Most home improvement stores carry meters that check humidity levels. If your reading is over 50 percent, you can get a dehumidifier to combat that. Looking for leaks is essential. You don’t want water damage or to have the perfect place mold can thrive. Inspect outdoor drainage, like gutters, to ensure they are cleaned and work properly.
You want to keep moisture as far from your home as possible. When something gets spilled on carpet or near walls, it should be cleaned promptly. Some things may air dry, but with carpet, do you want to wait over a day for it to dry by itself? You should thoroughly check your home for mold once a year. If you live in a more humid climate, you may benefit from checking three or four times a year.
Handling mold isn’t the best way to spend your time which is why prevention is essential. If mold isn’t caught early, it can spread and cause adverse health problems. Children and pets are susceptible to mold spores, but anyone with asthma or other health concerns can feel more of the effects. Besides health risks associated with the most common types of mold, it can wreak havoc on your home.
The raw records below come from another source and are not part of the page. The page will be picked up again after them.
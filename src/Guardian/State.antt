-- ===== src/Guardian/State.antt =====
-- src/guardian/interfaces/, and the state of the services that a cycle of the guardian goes through.
use lidofinance_lido_council.Shared.{ℕ, String, Option, Bool, List}
use lidofinance_lido_council.Shared.Int.{ℤ}
use lidofinance_lido_council.Outcome.{Exec, within}
use lidofinance_lido_council.Repository.{Repository, get_cached_deposit_contract}
use lidofinance_lido_council.Security.{SecurityEnv, Pausing}
use lidofinance_lido_council.Decorators.{OneAtTime}
use lidofinance_lido_council.Deposit.{DepositEnv, Deposits, VerifiedDepositEventGroup}
use lidofinance_lido_council.StakingRouter.{RouterCache}
use lidofinance_lido_council.KeysApi.{KeysApi}
use lidofinance_lido_council.Messages.{MessagesEnv, MessageApp, Broker}

pub record BlockData : Type 0 where
  pub block_number : ℕ
  pub block_hash : String
  pub deposit_root : String
  pub deposited_events : VerifiedDepositEventGroup
  pub guardian_address : String
  pub guardian_index : ℤ

pub record ContractsState : Type 0 where
  pub block_number : ℕ
  pub nonce : ℕ
  pub deposit_root : String

pub record StakingModuleData : Type 0 where
  pub block_hash : String
  pub is_deposits_paused : Bool
  pub unused_keys : List String
  pub nonce : ℕ
  pub staking_module_id : ℕ

-- `lastProcessedStateMeta`
pub record StateMeta : Type 0 where
  pub block_hash : String
  pub block_number : ℕ

-- The labelled gauges of src/guardian/guardian-metrics.
pub data Gauge : Type 0 where
  valid_deposits invalid_deposits : Gauge
  total_deposited_keys unique_deposited_keys : Gauge
  unused_operators_keys : Gauge
  all_intersections filtered_intersections : Gauge

abbrev pub Gauges : Type 0
Gauges = Gauge → ℕ → Option ℕ

pub record Daemon : Type 0 where
  pub repository : Repository
  pub deposits : OneAtTime Deposits
  pub router : RouterCache
  pub last_contracts_state : ℕ → Option ContractsState
  pub last_processed_state_meta : Option StateMeta
  pub pausing : Pausing
  pub broker : Broker
  pub gauges : Gauges
  pub block_data_errors : ℕ

-- What lies outside the daemon, as it answers during one cycle. The deposit contract is not taken
-- from `deposit`, but from the repository.
pub record GuardianEnv : Type 0 where
  pub security : SecurityEnv
  pub deposit : DepositEnv
  pub keys_api : KeysApi
  pub messages : MessagesEnv
  pub app : MessageApp

abbrev pub Action : Type 0 → Type 0
Action = Exec Daemon

abbrev pub on_repository : {A : Type 0} → Exec Repository A → Action A
on_repository = within (λ d. d.repository) (λ r d. record d { repository = r })

abbrev pub on_deposits : {A : Type 0} → Exec (OneAtTime Deposits) A → Action A
on_deposits = within (λ d. d.deposits) (λ x d. record d { deposits = x })

-- A method that is not decorated is not held back by the decorator's flag.
abbrev pub on_events : {A : Type 0} → Exec Deposits A → Action A
on_events =
    within (λ d. d.deposits.state) (λ x d. record d { deposits = record d.deposits { state = x } })

abbrev pub on_router : {A : Type 0} → Exec RouterCache A → Action A
on_router = within (λ d. d.router) (λ x d. record d { router = x })

abbrev pub on_broker : {A : Type 0} → Exec Broker A → Action A
on_broker = within (λ d. d.broker) (λ x d. record d { broker = x })

-- The deposit service sees the repository's deposit contract.
abbrev pub deposit_env : GuardianEnv → Daemon → DepositEnv
deposit_env env d = record env.deposit {
  deposit_contract = get_cached_deposit_contract d.repository;
}
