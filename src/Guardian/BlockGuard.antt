-- ===== src/Guardian/BlockGuard.antt =====
-- src/guardian/block-guard/block-guard.service.ts.
use lidofinance_lido_council.Shared.{
  ◌+◌, String, Option, none, some, Bool, true, false, not, ltb, str_eq, if◌then◌else◌,
}
use lidofinance_lido_council.Shared.Int.{ℤ}
use lidofinance_lido_council.Outcome.{pure, raise, modify, ◌>>=◌, ◌>>◌, both, try_catch}
use lidofinance_lido_council.Security.{get_guardian_index, get_guardian_address}
use lidofinance_lido_council.Deposit.{
  VerifiedDepositEventGroup, get_deposit_root, get_all_deposited_events,
}
use lidofinance_lido_council.Guardian.State.{
  BlockData, StateMeta, GuardianEnv, Action, on_repository, on_events, deposit_env,
}

-- `isNeedToProcessNewState`
unfoldable pub is_need_to_process_new_state : Option StateMeta → StateMeta → Bool
is_need_to_process_new_state none new_meta = true
is_need_to_process_new_state (some last_meta) new_meta =
    if ltb new_meta.block_number last_meta.block_number
    then false
    else not (str_eq last_meta.block_hash new_meta.block_hash)

unfoldable pub set_last_processed_state_meta : StateMeta → Action (Unit {0})
set_last_processed_state_meta new_meta =
    modify (λ d. record d { last_processed_state_meta = some new_meta })

module _ (env : GuardianEnv) where
  abbrev pub read_deposit_root : StateMeta → Action String
  read_deposit_root m d = (get_deposit_root (deposit_env env d) m.block_hash, d)

  abbrev pub read_deposited_events : StateMeta → Action VerifiedDepositEventGroup
  read_deposited_events m d =
      on_events (get_all_deposited_events (deposit_env env d) m.block_number m.block_hash) d

  abbrev count_error : Action (Unit {0})
  count_error = modify (λ d. record d { block_data_errors = d.block_data_errors + 1 })

  -- `Promise.all` of the root, the events and the guardian's index
  abbrev pub read_contracts : StateMeta → Action (String × (VerifiedDepositEventGroup × ℤ))
  read_contracts m = both (read_deposit_root m) (
      both (read_deposited_events m) (on_repository (get_guardian_index env.security m.block_hash)))

  unfoldable pub get_current_block_data : StateMeta → Action BlockData
  get_current_block_data m =
      try_catch
        (do
          (deposit_root, (deposited_events, guardian_index)) ← read_contracts m
          pure (record {
            block_number = m.block_number;
            block_hash = m.block_hash;
            deposit_root = deposit_root;
            deposited_events = deposited_events;
            guardian_address = get_guardian_address env.security;
            guardian_index = guardian_index;
          }))
        (λ error. count_error >> raise error)
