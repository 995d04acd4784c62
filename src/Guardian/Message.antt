-- ===== src/Guardian/Message.antt =====
-- src/guardian/guardian-message/guardian-message.service.ts.
use lidofinance_lido_council.Shared.{ℕ, Bool, List, if◌then◌else◌}
use lidofinance_lido_council.Shared.Int.{ℤ, negsuc, int_eq}
use lidofinance_lido_council.Outcome.{pure}
use lidofinance_lido_council.Messages.{
  deposit_body, pause_body, ping_body, SignedState, Sender, MessageData, Message, send_message,
}
use lidofinance_lido_council.Guardian.State.{BlockData, GuardianEnv, Action, on_broker}

-- `guardianIndex == -1`
abbrev pub is_unknown_guardian : ℤ → Bool
is_unknown_guardian index = int_eq index (negsuc 0)

module _ (env : GuardianEnv) where
  unfoldable pub add_message_meta_data : MessageData → Message
  add_message_meta_data message = record { content = message; app = env.app }

  unfoldable pub send_message_from_guardian : MessageData → Action (Unit {0})
  unfolding add_message_meta_data
  send_message_from_guardian message_data =
      if is_unknown_guardian message_data.sender.guardian_index
      then pure tt
      else on_broker (send_message env.messages (add_message_meta_data message_data))

  unfoldable pub ping_message_broker : List ℕ → BlockData → Action (Unit {0})
  unfolding send_message_from_guardian
  ping_message_broker staking_module_ids block_data = send_message_from_guardian (record {
    sender = record {
      guardian_address = block_data.guardian_address;
      guardian_index = block_data.guardian_index;
    };
    body = ping_body (record {
      block_number = block_data.block_number;
      staking_module_ids = staking_module_ids;
    });
  })

  unfoldable pub send_deposit_message : Sender → SignedState → Action (Unit {0})
  unfolding send_message_from_guardian
  send_deposit_message sender message =
      send_message_from_guardian (record { sender = sender; body = deposit_body message })

  unfoldable pub send_pause_message : Sender → SignedState → Action (Unit {0})
  unfolding send_message_from_guardian
  send_pause_message sender message =
      send_message_from_guardian (record { sender = sender; body = pause_body message })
When mold is given a chance to spread, the long-term effects can even harm the foundation of your house. Stay adamant about your yearly checks, watch humidity levels, promptly repair pipes, and keep everything dry. You’ll be several steps ahead of this hungry fungus. If you should ever face this battle, you may be able to tackle it on your own.
You must use proper protective gear like gloves and masks to avoid exposing yourself to spores. You can use bleach, but it should be diluted before you start cleaning the mold. Ensure windows are open for good ventilation from both the chemicals and the spores. Any mold that has exceeded ten square feet will require reinforcements at your base. Which means call a professional.